= WHAT YOU SHOULD DO =
Since only part of the material below is wanted, output exactly the lines from the one with "all_hold-last p y (suc (suc n)) (m ∷ [])" up to and including the one with "before_all-filter p l (m".

BEGIN

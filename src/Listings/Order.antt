-- ===== src/Listings/Order.antt =====
-- The order of the listing queries, newest first and then by id: `_matched_rows` of
-- src/listings/adapters/inmemory/inmemory_property_listing_repo.py.
use estate_os_service.Base.{
  Uuid, ◌≡◌, refl, Bool, true, none, List, [], ◌∷◌, ◌&&◌, not, ◌==◌, arith,
}
use estate_os_service.Dict.{lookup, values_where}
use estate_os_service.Listings.Model.{PropertyListing}
use estate_os_service.Listings.Store.{Rows, comes_before, insert_row, sort_rows}

-- Every row is stored under its id, and no id twice.
abbrev pub IsKeyed : Rows → Type 0
IsKeyed [] = Unit
IsKeyed ((i, l) ∷ d) = (l.id ≡ i) × (lookup i d ≡ none) × IsKeyed d

abbrev pub lacks_id : Uuid → List PropertyListing → Bool
lacks_id i [] = true
lacks_id i (l ∷ ls) = let rest = lacks_id i ls in not (l.id == i) && rest

abbrev pub is_before_all : PropertyListing → List PropertyListing → Bool
is_before_all l [] = true
is_before_all l (m ∷ ms) = let rest = is_before_all l ms in comes_before l m && rest

-- Every row comes strictly before all later ones.
abbrev pub is_strict : List PropertyListing → Bool
is_strict [] = true
is_strict (l ∷ ls) = let rest = is_strict ls in is_before_all l ls && rest

before_all_trans :
    (l m : PropertyListing) (ms : List PropertyListing)
    → comes_before l m ≡ true
    → is_before_all m ms ≡ true
    → is_before_all l ms ≡ true
before_all_trans l m [] h all = refl
before_all_trans l m (n ∷ ns) h all = ground (arith, before_all_trans l m ns)

before_all-insert_row :
    (k l : PropertyListing) (ms : List PropertyListing)
    → comes_before k l ≡ true
    → is_before_all k ms ≡ true
    → is_before_all k (insert_row l ms) ≡ true
before_all-insert_row k l [] h all = ground arith
before_all-insert_row k l (m ∷ ms) h all = ground (arith, before_all-insert_row k l ms)

insert_row-strict :
    (l : PropertyListing) (ms : List PropertyListing)
    → lacks_id l.id ms ≡ true
    → is_strict ms ≡ true
    → is_strict (insert_row l ms) ≡ true
insert_row-strict l [] new h = refl
insert_row-strict l (m ∷ ms) new h =
    ground (arith, insert_row-strict l ms, before_all-insert_row m l ms, before_all_trans l m ms)

lacks_id-insert_row :
    (i : Uuid) (l : PropertyListing) (ms : List PropertyListing)
    → lacks_id i (insert_row l ms) ≡ (not (l.id == i) && lacks_id i ms)
lacks_id-insert_row i l [] = refl
lacks_id-insert_row i l (m ∷ ms) = ground (arith, lacks_id-insert_row i l ms)

lacks_id-sort_rows :
    (i : Uuid) (ls : List PropertyListing) → lacks_id i (sort_rows ls) ≡ lacks_id i ls
lacks_id-sort_rows i [] = refl
lacks_id-sort_rows i (l ∷ ls) =
    ground (arith, lacks_id-insert_row i l (sort_rows ls), lacks_id-sort_rows i ls)

lacks_id-values_where :
    (p : PropertyListing → Bool) (i : Uuid) (rows : Rows)
    → lookup i rows ≡ none
    → IsKeyed rows
    → lacks_id i (values_where p rows) ≡ true
lacks_id-values_where p i [] h k = refl
lacks_id-values_where p i ((j, l) ∷ d) h k = ground (arith, lacks_id-values_where p i d)

pub sort_rows-strict :
    (p : PropertyListing → Bool) (rows : Rows)
    → IsKeyed rows
    → is_strict (sort_rows (values_where p rows)) ≡ true
sort_rows-strict p [] k = refl
sort_rows-strict p ((j, l) ∷ d) k = ground (
  arith,
  sort_rows-strict p d,
  lacks_id-values_where p j d,
  lacks_id-sort_rows l.id (values_where p d),
  insert_row-strict l (sort_rows (values_where p d)),
)
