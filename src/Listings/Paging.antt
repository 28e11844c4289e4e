-- ===== src/Listings/Paging.antt =====
-- What a page of a strictly ordered list leaves: `list_active_keyset` of
-- src/listings/adapters/inmemory/inmemory_property_listing_repo.py.
use estate_os_service.Base.{
  ℕ, zero, suc, ◌≤◌, ◌<◌, String, ◌≡◌, refl, Bool, true, Option, none, some, List, [], ◌∷◌, ◌++◌,
  ◌&&◌, ◌-◌, arith, length, filter, take, drop, ltb, sym, ap, ◌∙◌,
}
use estate_os_service.Listings.Model.{PropertyListing, ListCursor}
use estate_os_service.Listings.Store.{key_less, comes_before, past_cursor}
use estate_os_service.Listings.Pages.{last_row, cursor_of}
use estate_os_service.Listings.Order.{is_before_all, is_strict}

abbrev is_past : ListCursor → PropertyListing → Bool
is_past c r = key_less r.created_at r.id c.created_at c.id

abbrev all_hold : (PropertyListing → Bool) → List PropertyListing → Bool
all_hold p [] = true
all_hold p (l ∷ ls) = let rest = all_hold p ls in p l && rest

all_hold-filter :
    (p : PropertyListing → Bool) (ls : List PropertyListing) → all_hold p (filter p ls) ≡ true
all_hold-filter p [] = refl
all_hold-filter p (l ∷ ls) = ground (arith, all_hold-filter p ls)

all_hold-last :
    (p : PropertyListing → Bool) (y : PropertyListing) (n : ℕ) (ls : List PropertyListing)
    → all_hold p ls ≡ true
    → last_row (take n ls) ≡ some y
    → p y ≡ true
all_hold-last p y zero ls h e = ground arith
all_hold-last p y (suc n) [] h e = ground arith
all_hold-last p y (suc zero) (m ∷ ms) h e = ground arith
all_hold-last p y (suc (suc n)) (m ∷ []) h e = ground arith
all_hold-last p y (suc (suc n)) (m ∷ k ∷ ks) h e =
    ground (arith, all_hold-last p y (suc n) (k ∷ ks))

before_all-last :
    (l y : PropertyListing) (n : ℕ) (ls : List PropertyListing)
    → is_before_all l ls ≡ true
    → last_row (take n ls) ≡ some y
    → comes_before l y ≡ true
before_all-last l y zero ls h e = ground arith
before_all-last l y (suc n) [] h e = ground arith
before_all-last l y (suc zero) (m ∷ ms) h e = ground arith
before_all-last l y (suc (suc n)) (m ∷ []) h e = ground arith
before_all-last l y (suc (suc n)) (m ∷ k ∷ ks) h e =
    ground (arith, before_all-last l y (suc n) (k ∷ ks))

before_all-filter :
    (p : PropertyListing → Bool) (l : PropertyListing) (ls : List PropertyListing)
    → is_before_all l ls ≡ true
    → is_before_all l (filter p ls) ≡ true
before_all-filter p l [] h = refl
before_all-filter p l (m ∷ ms) h = ground (arith, before_all-filter p l ms)

pub strict-filter :
    (p : PropertyListing → Bool) (ls : List PropertyListing)
    → is_strict ls ≡ true
    → is_strict (filter p ls) ≡ true
strict-filter p [] h = refl
strict-filter p (l ∷ ls) h = ground (arith, strict-filter p ls, before_all-filter p l ls)

module _ (fp : String) where
  filter-before_all :
      (y : PropertyListing) (ls : List PropertyListing)
      → is_before_all y ls ≡ true
      → filter (is_past (cursor_of fp y)) ls ≡ ls
  filter-before_all y [] h = refl
  filter-before_all y (l ∷ ls) h = ground (arith, filter-before_all y ls)

  -- In a strictly ordered list, what is past the last row of a page is what the page leaves.
  filter-last :
      (y : PropertyListing) (n : ℕ) (ls : List PropertyListing)
      → is_strict ls ≡ true
      → last_row (take n ls) ≡ some y
      → filter (is_past (cursor_of fp y)) ls ≡ drop n ls
  filter-last y zero ls h e = ground arith
  filter-last y (suc n) [] h e = ground arith
  filter-last y (suc zero) (l ∷ ls) h e = ground (arith, filter-before_all l ls)
  filter-last y (suc (suc n)) (l ∷ []) h e = ground arith
  filter-last y (suc (suc n)) (l ∷ m ∷ ms) h e =
      ground (arith, filter-last y (suc n) (m ∷ ms), before_all-last l y (suc n) (m ∷ ms))

  filter_trans :
      (c : ListCursor) (y : PropertyListing) (ls : List PropertyListing)
      → is_past c y ≡ true
      → filter (is_past (cursor_of fp y)) (filter (is_past c) ls)
        ≡ filter (is_past (cursor_of fp y)) ls
  filter_trans c y [] h = refl
  filter_trans c y (l ∷ ls) h = ground (arith, filter_trans c y ls)

  -- The rows past the last row of a page are the rows past the page's cursor, less the page.
  pub past_cursor-last :
      (cursor : Option ListCursor) (y : PropertyListing) (n : ℕ) (ls : List PropertyListing)
      → is_strict ls ≡ true
      → last_row (take n (past_cursor cursor ls)) ≡ some y
      → past_cursor (some (cursor_of fp y)) ls ≡ drop n (past_cursor cursor ls)
  past_cursor-last none y n ls h e = filter-last y n ls h e
  past_cursor-last (some c) y n ls h e =
      sym (
        filter_trans c y ls (
          all_hold-last (is_past c) y n (filter (is_past c) ls) (all_hold-filter (is_past c) ls) e))
      ∙ filter-last y n (filter (is_past c) ls) (strict-filter (is_past c) ls h) e

pub take-drop : (n : ℕ) (ls : List PropertyListing) → take n ls ++ drop n ls ≡ ls
take-drop zero ls = refl
take-drop (suc n) [] = refl
take-drop (suc n) (l ∷ ls) = ap (λ t. l ∷ t) (take-drop n ls)

pub take_short : (n : ℕ) (ls : List PropertyListing) → length ls ≤ n → take n ls ≡ ls
take_short zero [] h = refl
take_short zero (l ∷ ls) h = ground arith
take_short (suc n) [] h = refl
take_short (suc n) (l ∷ ls) h = ground (arith, take_short n ls)

pub length-take :
    (n : ℕ) (ls : List PropertyListing) → ltb n (length (take (suc n) ls)) ≡ ltb n (length ls)
length-take zero [] = ground arith
length-take zero (l ∷ ls) = ground arith
length-take (suc n) [] = ground arith
length-take (suc n) (l ∷ ls) = ground (arith, length-take n ls)

pub take-take : (n : ℕ) (ls : List PropertyListing) → take n (take (suc n) ls) ≡ take n ls
take-take zero ls = refl
take-take (suc n) [] = refl
take-take (suc n) (l ∷ ls) = ap (λ t. l ∷ t) (take-take n ls)

pub length-drop : (n : ℕ) (ls : List PropertyListing) → length (drop n ls) ≡ length ls - n
length-drop zero ls = ground arith
length-drop (suc n) [] = ground arith
length-drop (suc n) (l ∷ ls) = ground (arith, length-drop n ls)

pub last-take :
    (n : ℕ) (ls : List PropertyListing)
    → 0 < n
    → n < length ls
    → (y : PropertyListing) × (last_row (take n ls) ≡ some y)
last-take zero ls p h = ground arith
last-take (suc n) [] p h = ground arith
last-take (suc zero) (l ∷ ls) p h = (l, refl)
last-take (suc (suc n)) (l ∷ []) p h = ground arith
last-take (suc (suc n)) (l ∷ m ∷ ms) p h = last-take (suc n) (m ∷ ms) (ground arith) (ground arith)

END

= RESPONSE =
all_hold-last p y (suc (suc n)) (m ∷ []) h e = ground arith
all_hold-last p y (suc (suc n)) (m ∷ k ∷ ks) h e =
    ground (arith, all_hold-last p y (suc n) (k ∷ ks))

before_all-last :
    (l y : PropertyListing) (n : ℕ) (ls : List PropertyListing)
    → is_before_all l ls ≡ true
    → last_row (take n ls) ≡ some y
    → comes_before l y ≡ true
before_all-last l y zero ls h e = ground arith
before_all-last l y (suc n) [] h e = ground arith
before_all-last l y (suc zero) (m ∷ ms) h e = ground arith
before_all-last l y (suc (suc n)) (m ∷ []) h e = ground arith
before_all-last l y (suc (suc n)) (m ∷ k ∷ ks) h e =
    ground (arith, before_all-last l y (suc n) (k ∷ ks))

before_all-filter :
    (p : PropertyListing → Bool) (l : PropertyListing) (ls : List PropertyListing)
    → is_before_all l ls ≡ true
    → is_before_all l (filter p ls) ≡ true
before_all-filter p l [] h = refl
before_all-filter p l (m ∷ ms) h = ground (arith, before_all-filter p l ms)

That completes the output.